If it does, then you don't need one. If it does not have a line reactor built in, it is always a good idea to use one.
Some drive manufactures sell the reactor at 1/2 price with a drive and motor purchase. Weg does not, so bring it up and see what they offer you.

A line reactor is good insurance in regards to nuisance trips. Power induced nuisance trips.
Line and load reactors are actually 1:1 xfmr's. Some employ filtering along with isolation.
Contact TCI (Transcoil) about line reactors. Or ask Weg.

Weg will also provide the correct fuse type. It will be in the start up manual.
Follow their instructions.


----------



## ScooterMcGavin (Jan 24, 2011)

Line reactors are not transformers. The provide no electrical isolation whatsover. They are just an inductor in series with the line coming in or load going out.

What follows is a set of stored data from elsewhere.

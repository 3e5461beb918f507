-- ===== src/Api/Alloc/Allocated.antt =====
-- What `sbma_malloc` of src/api/malloc.c makes of a process.
use sbma.Common.{unchecked}
use sbma.Common.{
  ℕ, ◌+◌, ◌*◌, ◌/◌, ◌≤◌, ◌<◌, ◌≡◌, refl, ap, ◌∙◌, Bool, true, false, ◌||◌, some, if◌then◌else◌,
  ◌==◌, arith, done, ◌∷◌,
}
use sbma.Mmu.{Ate}
use sbma.Os.{Os, IsReliable, prot_rw, prot_read, prot_none}
use sbma.Ipc.Accounts.{IsBalanced}
use sbma.Ipc.Madmit.{Peers}
use sbma.Ipc.Madmit.Released.{available, IsObliging}
use sbma.Api.{pages_of, less, vmm_to_sys}
use sbma.Api.Mcheck.{meta_pages}
use sbma.Api.All.{AllEntries}
use sbma.Api.All.Evicted.{IsEvictable}
use sbma.Api.Alloc.{Files, new_ate, admit_pages, set_up, allocate, sbma_malloc}
use sbma.Api.Alloc.Fresh.{new_ate-IsEvictable, whole_pages, admission, vmm_to_sys_zero}

-- mmap(2) has room, and the file can be created.
pub record IsRoomy {W : Type 0} (os : Os W) (files : Files W) : Type 0 where
  pub maps : (n : ℕ) (w : W) → (addr : ℕ) × ((os.mmap n prot_rw w).0 ≡ some addr)
  pub creates : (key : ℕ) (w : W) → (files.create key w).0 ≡ true

module _ {W : Type 0} (os : Os W) (files : Files W) (ps sys_page ate_size : ℕ) (metach : Bool)
    (peers : Peers) (rsdnt admitd : Bool) where
  -- The entry of `size` bytes at the memory `addr`.
  pub record Allocated (max_mem size addr : ℕ) (s t : AllEntries W) (a : Ate) : Type 0 where
    pub entries : t.entries ≡ (addr, a) ∷ s.entries
    pub base : a.base ≡ addr + pages_of ps ate_size * ps
    pub evictable : IsEvictable (addr, a)
    pub enough : size ≤ a.n_pages * ps
    pub clean : a.d_pages ≡ 0
    pub tight : a.n_pages * ps < size + ps
    pub charged :
        t.ipc.c_mem s.ipc.id
        ≡ s.ipc.c_mem s.ipc.id
          + vmm_to_sys ps sys_page (meta_pages ps sys_page ate_size metach a + a.c_pages)
    pub balanced : IsBalanced max_mem t.ipc
    pub free : t.ipc.inter_mtx ≡ false
    pub id : t.ipc.id ≡ s.ipc.id

  -- Nothing is charged when neither option is set.
  pub none_asked :
      (n : ℕ)
      → (metach || rsdnt) ≡ false
      → vmm_to_sys ps sys_page (admit_pages ps ate_size metach rsdnt n) ≡ 0
  none_asked n e = ap (vmm_to_sys ps sys_page) (ground (arith, e)) ∙ vmm_to_sys_zero ps sys_page

  module _ (reliable : IsReliable os) (roomy : IsRoomy os files) where
    set_up_lem :
        (fuel addr n : ℕ) (s : AllEntries W)
        → (w : W) × (set_up os files ps sys_page ate_size metach unchecked peers fuel rsdnt admitd
              addr n s
            ≡ done (some (addr + pages_of ps ate_size * ps)) (record s {
              entries = (addr, new_ate rsdnt n (addr + pages_of ps ate_size * ps)) ∷ s.entries;
              world = w;
            }))
    unfolding set_up
    set_up_lem fuel addr n s =
        let base = addr + pages_of ps ate_size * ps in
        let p = if rsdnt then prot_read else prot_none in
        let w₁ = (os.mprotect base (n * ps) p s.world).1 in
        let w₂ = (os.snprintf w₁).1 in
        let w₃ = (files.create addr w₂).1 in
        (
          (os.close addr w₃).1,
          rw
              (
                reliable.mprotect_true base (n * ps) p s.world,
                reliable.snprintf_true w₁,
                roomy.creates addr w₂,
                reliable.close_true addr w₃,
              )
              refl,
        )

    -- With the option VMM_CHECK off, when no system call fails, mmap(2) has room and the file can be
    -- created, and the pages that are to be admitted can be had from obliging processes, `sbma_malloc` of
    -- some bytes returns a pointer. The table then starts with an entry for it, valid, of the least number
    -- of pages that hold the bytes, and goes on as before. The process is charged at the node with exactly
    -- what the consistency check counts for the entry, and what is free and held there still adds up.
    pub sbma_malloc-Allocated :
        (obliging : IsObliging peers) (max_mem fuel size : ℕ) (s : AllEntries W)
        → 0 < ps
        → 0 < size
        → IsBalanced max_mem s.ipc
        → s.ipc.inter_mtx ≡ false
        → s.ipc.n_procs < fuel
        → vmm_to_sys ps sys_page (admit_pages ps ate_size metach rsdnt (pages_of ps size))
          ≤ available s.ipc
        → (addr : ℕ) × (a : Ate) × (t : AllEntries W) × (sbma_malloc os files ps sys_page ate_size
              metach unchecked peers fuel rsdnt admitd size s
            ≡ done (some a.base) t)
          × Allocated max_mem size addr s t a
    unfolding sbma_malloc allocate
    sbma_malloc-Allocated obliging max_mem fuel size s pos some_bytes balanced free fueled had =
        let (t, admitted, balanced', own, free', id) =
          admission peers obliging max_mem fuel (vmm_to_sys ps sys_page pages) (metach || rsdnt)
            admitd s balanced free fueled had (none_asked n) in
        let (addr, mapped) = roomy.maps ((first + n + pages_of ps n) * ps) s.world in
        let s' = record s {
          ipc = t;
          world = (os.mmap ((first + n + pages_of ps n) * ps) prot_rw s.world).1;
        } in
        let (w, set) = set_up_lem fuel addr n s' in
        (
          addr,
          new_ate rsdnt n (addr + first * ps),
          record s' {
            entries = (addr, new_ate rsdnt n (addr + first * ps)) ∷ s.entries;
            world = w;
          },
          rw (nonzero, admitted, mapped, set) refl,
          record {
            entries = refl;
            base = refl;
            evictable = new_ate-IsEvictable rsdnt addr n (addr + first * ps) (omega arith);
            enough = (whole_pages ps size pos some_bytes).0;
            clean = refl;
            tight = ground (arith, (whole_pages ps size pos some_bytes).1, expand);
            charged = own ∙ ap (λ v. s.ipc.c_mem s.ipc.id + vmm_to_sys ps sys_page v) (same addr);
            balanced = balanced';
            free = free';
            id = id;
          },
        )
      where
        n : ℕ
        n = pages_of ps size

        first : ℕ
        first = pages_of ps ate_size

        pages : ℕ
        pages = admit_pages ps ate_size metach rsdnt n

        nonzero : (size == 0) ≡ false
        nonzero = ground arith

        same :
            (addr : ℕ)
            → pages
              ≡ meta_pages ps sys_page ate_size metach (new_ate rsdnt n (addr + first * ps))
                + (if rsdnt then n else 0)
        same addr = ground arith

        expand : n * ps ≡ ps + less size 1 / ps * ps
        expand = grind arith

They help to limit the sudden changes in current going to the vfd and also filter out out the high frequency noise created by the drive as inductive reactance increases with frequency.


----------



## garfield (Jul 30, 2009)

On the fuses I think they are usually required in the start up but I rarely see them installed. Is a link reactor the same as a line reactor?


----------



## JRaef (Mar 23, 2009)

The #1 cause of VFD failures is excessive heat, the #2 cause is line transients. We all can see the heat issues and usually deal with it up front, but because people can't see line transients, they tend to ignore them.

Line reactors also add inductance to the input of the drive. The advantage to that is in what is called the "inductive time constant", which states that current in an inductive circuit can only change state at a rate commensurate with the inductance. So in other words, very fast transients on the line side will be slowed down by the reactor, that's likely what you heard with regard to lightning protection (although that's kind of a stretch). A much more common occurrence that a reactor helps protect against is utility grid switching transients.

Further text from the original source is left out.